The War of Independence is not really in “the past” if the fury over the proposed Royal Irish Constabulary commemoration is any guide. But does anyone seriously suggest there were comparable mandates for the War of Independence and Warrenpoint? In summer 1978, barely one-fifth of people in the Republic expressed some level of support for the IRA according to an Economic and Social Research Institute opinion poll. The other clear distinction is that some of those involved at Warrenpoint are still alive – as, more importantly, are mutilated survivors and close relatives of the dead.

How much of the real and perceived injustice was worth the life of one 15-year-old boy?

Apart from the 22-body haul from Warrenpoint and Mullaghmore, 40 more people died at the hands of the IRA in 1979. They included 32-year-old Eamon Ryan shot dead during a bank robbery in Tramore, Co Waterford, two 16-year-old boys, and the British ambassador to the Netherlands, killed along with his 19-year-old valet.

The other side clocked up eight separate killings of young Catholic men.
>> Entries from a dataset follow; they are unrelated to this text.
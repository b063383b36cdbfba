-- ===== src/Examples/Requester.antt =====
-- Requesters at concrete inputs (faceauth-daemon/src/consent/requester.rs).
use omarchy_faceauth.Prelude.{
  ◌≡◌, refl, none, some, [], ◌∷◌, All, codes, secs, text_eq, if◌then◌else◌,
}
use omarchy_faceauth.Requester.{clip_command}
use omarchy_faceauth.Requester.Proc.{take_round}
use omarchy_faceauth.Requester.Taken.{IsOf, take_round-IsOf}
use omarchy_faceauth.Requester.Clip.{IsShown, clip_command-IsShown}
use omarchy_faceauth.Requester
use omarchy_faceauth.Requester.Proc
use omarchy_faceauth.Requester.Proc.{Proc}
use omarchy_faceauth.Prelude.Splits
use omarchy_faceauth.Requester.Named
use omarchy_faceauth.Requester.Named.{polkit}
use omarchy_faceauth.Requester.Own.{IsOwn, polkit-IsOwn}
use omarchy_faceauth.Server.ProcView.{AgentPeer}
use omarchy_faceauth.Server.Request.{PolkitContext}
use omarchy_faceauth.Server.Answers.{Contexts}

abbrev shell : AgentPeer
shell = record { pid = 500; id = 5000 }

abbrev planter : AgentPeer
planter = record { pid = 900; id = 9000 }

abbrev sent_by : AgentPeer → PolkitContext
sent_by a = record {
  action = codes "org.freedesktop.policykit.exec";
  message = codes "Authentication is needed";
  agent = some a;
  caller_pid = some 70;
  subject_pid = none;
  at = secs 1;
}

abbrev queued : Contexts
queued = (1000, sent_by planter ∷ sent_by shell ∷ []) ∷ []

the_shells_own : (take_round (secs 2) shell queued).1 ≡ some (sent_by shell)
unfolding take_round
the_shells_own = refl

take_round-IsOf_example : IsOf (secs 2) shell (sent_by shell)
take_round-IsOf_example = take_round-IsOf (secs 2) shell queued (sent_by shell) the_shells_own

clip_command-IsShown_example : All IsShown (clip_command (codes "ls\n")).0
clip_command-IsShown_example = (clip_command-IsShown (codes "ls\n")).2

-- pkexec, pid 70, started by the user.
abbrev pkexec : Proc
pkexec = record {
  exe = λ p. codes "/usr/bin/pkexec";
  read = λ p what.
      if text_eq what (codes "status")
      then some (codes "Name: pkexec\nUid: 1000 0 0 0\n")
      else some (codes "pkexec true");
}

kills :
    (polkit pkexec 60 1000 (some shell) (codes "quickshell") (some (sent_by shell))).kill_pid ≡ 70
unfolding polkit Named.named_by_polkit Proc.polkit_requester Proc.real_uid_of Splits.lines
    Splits.words clip_command Requester.cut_at Requester.kept_chars Requester.is_dropped_category
kills = refl

polkit-IsOwn_example :
    IsOwn pkexec 1000
      (polkit pkexec 60 1000 (some shell) (codes "quickshell") (some (sent_by shell)))
polkit-IsOwn_example =
    polkit-IsOwn pkexec 60 1000 (some shell) (codes "quickshell") (some (sent_by shell))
In February that year 11 loyalists known as the “Shankill butchers” were sentenced to life for 112 offences including 19 murders after five years roaming unfettered through Belfast by night hunting for Catholics to torture and murder with butcher knives and axes.

How much of the real and perceived injustice was worth the life of one 15-year-old boy? How many of those victims and their small, modest lives can be consigned to “the past” because “young Shinners” don’t feel it? How many deaths can be written off as the fault of “slow learners”?

We know how Séamus Mallon and John Hume would have answered.